Третьим отозвался молодой декадентский поэт Виктор Гофман (в январе 1905 года, в московском журнале "Искусство") -- и тоже с оговорками и упреками: "намеренная вычурность", "нарочитая туманность", "бессмысленность образов", "нескладная случайность слов", выдаваемая за "свободный стих".
Как видим, даже "своя" пресса не расточала похвал. Блок отнесся к этому спокойно, если не равнодушно. Книга была для него уже пройденным этапом.
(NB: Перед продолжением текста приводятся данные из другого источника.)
-- ===== src/Cron/Bounds/Terms.antt =====
-- packages/plugin-schedule/src/cron.ts: what the terms of a field name is in its range.
use mathlib.Core.Path.{subst}
use wilanis_js.Common.{ℕ, zero, suc, ◌+◌, ◌-◌, ◌≤◌, ◌<◌, ◌≡◌, refl, ◌||◌}
use wilanis_js.Common.{Option, none, some, List, [], ◌∷◌, leb, ltb, length, map, arith}
use wilanis_js.Common.{Bool-cases, Option-cases, inl, inr, All, All-append}
use mathlib.Core.Option.{some-injective}
use wilanis_js.Cron.{Text, Spec, Parsed, parsed, refused, Refusal, month_shift}
use wilanis_js.Cron.{index_of_name, number_of}
use wilanis_js.Cron.{bounds_of, range_of, one_value, stepped, add_value, has_value}
use wilanis_js.Cron.{add_stepped, add_bounds}
use wilanis_js.Cron.{is_number, number_from, split_at}
use wilanis_js.Cron.{same_text, lower, star}

abbrev pub IsBetween : ℕ → ℕ → List ℕ → Type 0
IsBetween low high = All (λ v. (low ≤ v) × (v ≤ high))

-- A line of RANGES whose names are numbers of the range.
abbrev pub IsSpec : Spec → Type 0
IsSpec spec =
    (spec.low ≤ spec.high)
    × (0 < length spec.words → spec.low ≤ month_shift spec.name)
    × (length spec.words + month_shift spec.name ≤ suc spec.high)

pub parsed-injective : {A : Type 0} (a b : A) → parsed a ≡ parsed b → a ≡ b
parsed-injective a b h = cc

refused≢parsed : {A : Type 0} (why : Refusal) (a : A) → refused why ≡ parsed a → ⊥
refused≢parsed why a h = cc

index_of_name-bound :
    (names : List Text) (term : Text) (i k : ℕ)
    → index_of_name names term i ≡ some k
    → (i ≤ k) × (k < i + length names)
unfolding index_of_name
index_of_name-bound [] term i k h = cc
index_of_name-bound (name ∷ names) term i k h = elim (Bool-cases (same_text name term)) [
  | inl e ↦ let same : i ≡ k = some-injective i k (rw e at h) in (omega arith, omega arith)
  | inr e ↦
      let (low, high) = index_of_name-bound names term (suc i) k (rw e at h) in
      (omega arith, omega arith)
]

number_of-bound :
    (term : Text) (spec : Spec) (n : ℕ)
    → IsSpec spec
    → number_of term spec ≡ parsed n
    → (spec.low ≤ n) × (n ≤ spec.high)
unfolding number_of
number_of-bound term spec n (ordered, shift, names) h =
    elim (Option-cases (index_of_name spec.words (map lower term) 0)) [
      | inr (k, e) ↦
          let (low, high) = index_of_name-bound spec.words (map lower term) 0 k e in
          let same = parsed-injective (k + month_shift spec.name) n (rw (number_of, e) at h) in
          let enough = shift (omega arith) in (omega arith, omega arith)
      | inl e ↦ elim (Bool-cases (is_number term)) [
        | inr c ↦ absurd (let wrong = rw (number_of, e, c) at h in cc)
        | inl c ↦
            elim (Bool-cases
              (ltb (number_from 0 term) spec.low || ltb spec.high (number_from 0 term))) [
                | inl d ↦ absurd (let wrong = rw (number_of, e, c, d) at h in cc)
                | inr d ↦
                    let same =
                      parsed-injective (number_from 0 term) n (rw (number_of, e, c, d) at h) in
                    (ground arith, ground arith)
              ]
      ]
    ]

abbrev IsRange : Spec → ℕ × ℕ → Type 0
IsRange spec (low, high) = (spec.low ≤ low) × (high ≤ spec.high)

range_of-bound :
    (term : Text) (spec : Spec) (low high : Parsed ℕ) (p : ℕ × ℕ)
    → ((n : ℕ) → low ≡ parsed n → spec.low ≤ n)
    → ((n : ℕ) → high ≡ parsed n → n ≤ spec.high)
    → range_of term spec low high ≡ parsed p
    → IsRange spec p
unfolding range_of
range_of-bound term spec (refused why) high p from to h = cc
range_of-bound term spec (parsed low) (refused why) p from to h = cc
range_of-bound term spec (parsed low) (parsed high) p from to h = elim (Bool-cases (ltb high low)) [
  | inl e ↦ absurd (let wrong = rw (range_of, e) at h in cc)
  | inr e ↦
      let same = parsed-injective (low, high) p (rw (range_of, e) at h) in
      subst (IsRange spec) same (from low refl, to high refl)
]

one_value-bound :
    (spec : Spec) (o : Parsed ℕ) (p : ℕ × ℕ)
    → ((n : ℕ) → o ≡ parsed n → (spec.low ≤ n) × (n ≤ spec.high))
    → one_value o ≡ parsed p
    → IsRange spec p
one_value-bound spec (refused why) p bound h = cc
one_value-bound spec (parsed n) p bound h =
    subst (IsRange spec) (parsed-injective (n, n) p h) (bound n refl)

-- What the marks of a term leave of it.
by_dash : Text → Spec → Option (Text × Text) → Parsed (ℕ × ℕ)
by_dash term spec none = one_value (number_of term spec)
by_dash term spec (some ([], after)) = one_value (number_of term spec)
by_dash term spec (some (c ∷ before, after)) =
    range_of term spec (number_of (c ∷ before) spec) (number_of after spec)

by_dash-bound :
    (term : Text) (spec : Spec) (o : Option (Text × Text)) (p : ℕ × ℕ)
    → IsSpec spec
    → by_dash term spec o ≡ parsed p
    → IsRange spec p
unfolding by_dash
by_dash-bound term spec none p is h =
    one_value-bound spec (number_of term spec) p (λ n e. number_of-bound term spec n is e) h
by_dash-bound term spec (some ([], after)) p is h =
    one_value-bound spec (number_of term spec) p (λ n e. number_of-bound term spec n is e) h
by_dash-bound term spec (some (c ∷ before, after)) p is h =
    range_of-bound term spec (number_of (c ∷ before) spec) (number_of after spec) p
      (λ n e. (number_of-bound (c ∷ before) spec n is e).0)
      (λ n e. (number_of-bound after spec n is e).1) h

bounds_of-bound :
    (term : Text) (spec : Spec) (p : ℕ × ℕ)
    → IsSpec spec
    → bounds_of term spec ≡ parsed p
    → IsRange spec p
unfolding bounds_of by_dash
bounds_of-bound term spec p is h = elim (Bool-cases (star term)) [
  | inl e ↦
      let same = parsed-injective (spec.low, spec.high) p (rw (bounds_of, e) at h) in
      subst (IsRange spec) same (omega arith, omega arith)
  | inr e ↦ by_dash-bound term spec (split_at b'-' term) p is (rw (bounds_of, e) at h)
]

pub add_value-IsBetween :
    (low high n : ℕ) (values : List ℕ)
    → (low ≤ n) × (n ≤ high)
    → IsBetween low high values
    → IsBetween low high (add_value n values)
unfolding add_value
add_value-IsBetween low high n values bound all = elim (Bool-cases (has_value values n)) [
  | inl e ↦ rw e all
  | inr e ↦ rw e (All-append _ values (n ∷ []) all (bound, tt))
]

stepped-IsBetween :
    (rounds value last step : ℕ) (into : List ℕ) (low high : ℕ)
    → low ≤ value
    → last ≤ high
    → IsBetween low high into
    → IsBetween low high (stepped rounds value last step into)
unfolding stepped
stepped-IsBetween zero value last step into low high from to all = all
stepped-IsBetween (suc rounds) value last step into low high from to all =
    elim (Bool-cases (leb value last)) [
      | inr e ↦ rw e all
      | inl e ↦ rw e (
          stepped-IsBetween rounds (value + step) last step (add_value value into) low high
            (omega arith) to (add_value-IsBetween low high value into (from, ground arith) all))
    ]

add_bounds-IsBetween :
    (spec : Spec) (step : ℕ) (o : Parsed (ℕ × ℕ)) (into values : List ℕ)
    → ((p : ℕ × ℕ) → o ≡ parsed p → IsRange spec p)
    → IsBetween spec.low spec.high into
    → add_bounds step o into ≡ parsed values
    → IsBetween spec.low spec.high values
add_bounds-IsBetween spec step (refused why) into values bound all h = cc
add_bounds-IsBetween spec step (parsed (low, high)) into values bound all h =
    let (from, to) = bound (low, high) refl in
    subst (IsBetween spec.low spec.high) (parsed-injective _ values h)
      (stepped-IsBetween (suc (high - low)) low high step into spec.low spec.high from to all)

pub add_stepped-IsBetween :
    (spec : Spec) (o : Parsed (Text × ℕ)) (into values : List ℕ)
    → IsSpec spec
    → IsBetween spec.low spec.high into
    → add_stepped spec o into ≡ parsed values
    → IsBetween spec.low spec.high values
add_stepped-IsBetween spec (refused why) into values is all h = cc
add_stepped-IsBetween spec (parsed (term, step)) into values is all h =
    add_bounds-IsBetween spec step (bounds_of term spec) into values
      (λ p e. bounds_of-bound term spec p is e) all h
"Этот год с осени был особенный", -- писал он Белому в декабре. То, что наполняло душу прежде, отошло в область благодарных воспоминаний, а о бесплодных попытках гальванизировать прошлое сказано жестко: кто-то "заставлял придумывать то, что было пережито раньше". Он хотел бы остановиться на промежуточной "станции", с которой "можно будет оглядеться на путь пройденный и предстоящий".
Душевная тревога, терзания двойственности, "двуличности", давшие о себе знать уже в "Стихах о Прекрасной Даме" и особенно в "Распутьях", теперь овладевают им с громадной силой.
Каждый душу разбил пополам
И поставил двойные законы...
И вместе с тем на него сильно повеяло просыпавшейся жизнью. В ноябре он начал писать поэму "Ее прибытие" (первоначальное заглавие: "Прибытие Прекрасной Дамы"). Поэма не удалась и осталась незавершенной. Но, как заметил потом Блок, она была характерна для своего времени и в замысле была посвящена возникшим было, а в дальнейшем несбывшимся "надеждам". Здесь отчетливо сказалось предчувствие больших событий.
Печальные люди, усталые люди,
Проснитесь, узнайте, что радость близка!
Туда, где моря запевают о чуде,
Туда направляется свет маяка!..
Смотрите, как ширятся полосы света,
Как радостен бег закипающих пен!
Как море ликует! Вы слышите -- где-то --
За ночью, за бурей -- взыванье сирен!
Таким -- сомневающимся, ищущим, надеющимся, остро почувствовавшим концы и начала -- встретил Блок 1905 год.